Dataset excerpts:

▽

-- ===== src/Rebuild/Emitted.antt =====
-- The events of `class MinaGuard` as the indexer serves them (`toSerializableObject` and
-- `serializeValue` of backend/src/mina-client.ts), and what rebuildStores reads in them.
use mina_guard.Base.{ℕ, String, ◌≡◌, ◌<◌, true, Option, some, List, [], ◌∷◌}
use mina_guard.Platform.{Field, PublicKey, Platform}
use mina_guard.Platform.Maps.{Numerals}
use mina_guard.Storage.{Encoding}
use mina_guard.Guard.{Event}
use mina_guard.Rebuild.{JsonValue, text_value, IndexedEvent, TextReader, text_length}

-- The base58 text of a curve point is longer than ten characters, and decodes to it.
pub record ReaderLaws (o : Platform) (e : Encoding) (r : TextReader) : Type 0 where
  pub decodes : (k : PublicKey) → o.is_point k ≡ true → r.from_base58 (e.to_base58 k) ≡ some k
  pub long : (k : PublicKey) → 10 < text_length (e.to_base58 k)

abbrev pub event_name : Event → String
event_name (Event.deployed _) = "deployed"
event_name (Event.setup _) = "setup"
event_name (Event.setup_owner _) = "setupOwner"
event_name (Event.proposal _) = "proposal"
event_name (Event.receiver _) = "receiver"
event_name (Event.approval _) = "approval"
event_name (Event.execution _) = "execution"
event_name (Event.owner_change _) = "ownerChange"
event_name (Event.threshold_change _) = "thresholdChange"
event_name (Event.delegate_set _) = "delegate"
event_name (Event.create_child _) = "createChild"
event_name (Event.reclaim_child _) = "reclaimChild"
event_name (Event.enable_child_multi_sig _) = "enableChildMultiSig"
event_name (Event.create_child_config _) = "createChildConfig"
event_name (Event.create_child_owner _) = "createChildOwner"

module _ ⦃n : Numerals⦄ ⦃c : Encoding⦄ where
  -- A field element or a `UInt64` is served as its decimal text, a key as its base58 text.
  abbrev of_field : String → Field → String × JsonValue
  of_field name f = (name, text_value (n.field_text f))

  abbrev of_key : String → PublicKey → String × JsonValue
  of_key name k = (name, text_value (c.to_base58 k))

  unfoldable pub event_payload : Event → List (String × JsonValue)
  event_payload (Event.deployed k) = of_key "guardAddress" k ∷ []
  event_payload (Event.setup x) =
      of_field "ownersCommitment" x.owners_commitment
      ∷ of_field "threshold" x.threshold
      ∷ of_field "numOwners" x.num_owners
      ∷ of_key "parent" x.parent
      ∷ []
  event_payload (Event.setup_owner x) = of_key "owner" x.owner ∷ of_field "index" x.index ∷ []
  event_payload (Event.proposal x) =
      of_field "proposalHash" x.proposal_hash
      ∷ of_key "proposer" x.proposer
      ∷ of_field "tokenId" x.token_id
      ∷ of_field "txType" x.tx_type
      ∷ of_field "data" x.payload
      ∷ of_field "memoHash" x.memo_hash
      ∷ of_field "nonce" x.nonce
      ∷ of_field "configNonce" x.config_nonce
      ∷ of_field "expirySlot" x.expiry_slot
      ∷ of_key "guardAddress" x.guard_address
      ∷ of_field "destination" x.destination
      ∷ of_key "childAccount" x.child_account
      ∷ []
  event_payload (Event.receiver x) =
      of_field "proposalHash" x.proposal_hash
      ∷ of_key "receiver" x.receiver
      ∷ of_field "amount" x.amount
      ∷ []
  event_payload (Event.approval x) =
      of_field "proposalHash" x.proposal_hash
      ∷ of_key "approver" x.approver
      ∷ of_field "approvalCount" x.approval_count
      ∷ of_field "approvalRoot" x.approval_root
      ∷ of_field "voteNullifierRoot" x.vote_nullifier_root
      ∷ []
  event_payload (Event.execution x) =
      of_field "proposalHash" x.proposal_hash
      ∷ of_field "txType" x.tx_type
      ∷ of_field "root" x.root
      ∷ []
  event_payload (Event.owner_change x) =
      of_field "proposalHash" x.proposal_hash
      ∷ of_key "owner" x.owner
      ∷ of_field "added" x.added
      ∷ of_field "newNumOwners" x.new_num_owners
      ∷ of_field "newOwnersCommitment" x.new_owners_commitment
      ∷ of_field "configNonce" x.config_nonce
      ∷ []
  event_payload (Event.threshold_change x) =
      of_field "proposalHash" x.proposal_hash
      ∷ of_field "oldThreshold" x.old_threshold
      ∷ of_field "newThreshold" x.new_threshold
      ∷ of_field "configNonce" x.config_nonce
      ∷ []
  event_payload (Event.delegate_set x) =
      of_field "proposalHash" x.proposal_hash ∷ of_key "delegate" x.delegate ∷ []
  event_payload (Event.create_child x) =
      of_field "proposalHash" x.proposal_hash ∷ of_key "parentAddress" x.parent_address ∷ []
  event_payload (Event.reclaim_child x) =
      of_field "proposalHash" x.proposal_hash
      ∷ of_key "parentAddress" x.parent_address
      ∷ of_field "amount" x.amount
      ∷ []
  event_payload (Event.enable_child_multi_sig x) =
      of_field "proposalHash" x.proposal_hash
      ∷ of_key "parentAddress" x.parent_address
      ∷ of_field "enabled" x.enabled
      ∷ of_field "configNonce" x.config_nonce
      ∷ []
  event_payload (Event.create_child_config x) =
      of_field "proposalHash" x.proposal_hash
      ∷ of_key "childAccount" x.child_account
      ∷ of_field "ownersCommitment" x.owners_commitment
      ∷ of_field "threshold" x.threshold
      ∷ of_field "numOwners" x.num_owners
      ∷ []
  event_payload (Event.create_child_owner x) =
      of_field "proposalHash" x.proposal_hash
      ∷ of_key "owner" x.owner
      ∷ of_field "index" x.index
      ∷ []

  -- An event as it is served, with the height of its block.
  unfoldable pub index_event : Option ℕ → Event → IndexedEvent
  index_event height ev = record {
    event_type = event_name ev;
    payload = event_payload ev;
    block_height = height;
  }

  -- The events as served, each with the height of its block.
  abbrev pub serve : List (Option ℕ × Event) → List IndexedEvent
  serve [] = []
  serve (x ∷ xs) = index_event x.0 x.1 ∷ serve xs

△

### [YOUR GOAL]
Retype exactly the lines from the start of the entries through the one with "pub long : (k"; include both ends.

### [COMPLETED EXERCISE]
-- ===== src/Rebuild/Emitted.antt =====
-- The events of `class MinaGuard` as the indexer serves them (`toSerializableObject` and
-- `serializeValue` of backend/src/mina-client.ts), and what rebuildStores reads in them.
use mina_guard.Base.{ℕ, String, ◌≡◌, ◌<◌, true, Option, some, List, [], ◌∷◌}
use mina_guard.Platform.{Field, PublicKey, Platform}
use mina_guard.Platform.Maps.{Numerals}
use mina_guard.Storage.{Encoding}
use mina_guard.Guard.{Event}
use mina_guard.Rebuild.{JsonValue, text_value, IndexedEvent, TextReader, text_length}

-- The base58 text of a curve point is longer than ten characters, and decodes to it.
pub record ReaderLaws (o : Platform) (e : Encoding) (r : TextReader) : Type 0 where
  pub decodes : (k : PublicKey) → o.is_point k ≡ true → r.from_base58 (e.to_base58 k) ≡ some k
  pub long : (k : PublicKey) → 10 < text_length (e.to_base58 k)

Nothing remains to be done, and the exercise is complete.